Exercise instructions
Only the lines of the data below from the one with "title = text" through the one with "IsCommon default_limits solver_notes" are wanted. Repeat them exactly.
========================================================================
-- ===== src/Core/Document/Tests.antt =====
-- The validation of the metadata of one document.
use agent_knowledge.Prelude.{
  ◌≡◌, refl, ◌↔◌, none, some, [], ◌∷◌, ok, err, text, trim, list_beq, option_beq,
}
use agent_knowledge.Core.Time.{OffsetDateTime}
use agent_knowledge.Core.Document.{
  DocumentMetadata, active, log, runbook, default_limits, missing_log_metadata, validate,
  validate_text, validate_common, validate_log, validate_optional_text, validate_tags,
}
use agent_knowledge.Core.Document.Validation.{HasLogMetadata, IsCommon, validate_metadata_iff}

abbrev pub noon : OffsetDateTime
noon = record { instant = 1000; year = 2026; month = 8; day = 1; hour = 12; minute = 0; second = 0 }

abbrev pub solver_notes : DocumentMetadata
solver_notes = record {
  schema_version = 1;
  document_id = 7;
  title = text "Solver";
  created = noon;
  updated = none;
  node = some (text "node-a");
  agent = none;
  session = none;
  request_id = 8;
  tags = text "cuda" ∷ (text "gpu" ∷ []);
  status = active;
  superseded_by = none;
}

accepts_runbook : validate solver_notes runbook default_limits ≡ ok tt
unfolding validate validate_common validate_text validate_optional_text validate_tags trim list_beq
    option_beq
accepts_runbook = refl

rejects_log : validate solver_notes log default_limits ≡ err (missing_log_metadata (text "agent"))
unfolding validate validate_common validate_text validate_optional_text validate_tags validate_log
    trim list_beq option_beq
rejects_log = refl

validate_metadata_iff_example : (validate solver_notes log default_limits ≡ ok tt) ↔ (
    IsCommon default_limits solver_notes
    × HasLogMetadata log solver_notes.node solver_notes.agent solver_notes.session)
validate_metadata_iff_example = validate_metadata_iff solver_notes log default_limits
========================================================================
Response to the task
  title = text "Solver";
  created = noon;
  updated = none;
  node = some (text "node-a");
  agent = none;
  session = none;
  request_id = 8;
  tags = text "cuda" ∷ (text "gpu" ∷ []);
  status = active;
  superseded_by = none;
}

accepts_runbook : validate solver_notes runbook default_limits ≡ ok tt
unfolding validate validate_common validate_text validate_optional_text validate_tags trim list_beq
    option_beq
accepts_runbook = refl

rejects_log : validate solver_notes log default_limits ≡ err (missing_log_metadata (text "agent"))
unfolding validate validate_common validate_text validate_optional_text validate_tags validate_log
    trim list_beq option_beq
rejects_log = refl

validate_metadata_iff_example : (validate solver_notes log default_limits ≡ ok tt) ↔ (
    IsCommon default_limits solver_notes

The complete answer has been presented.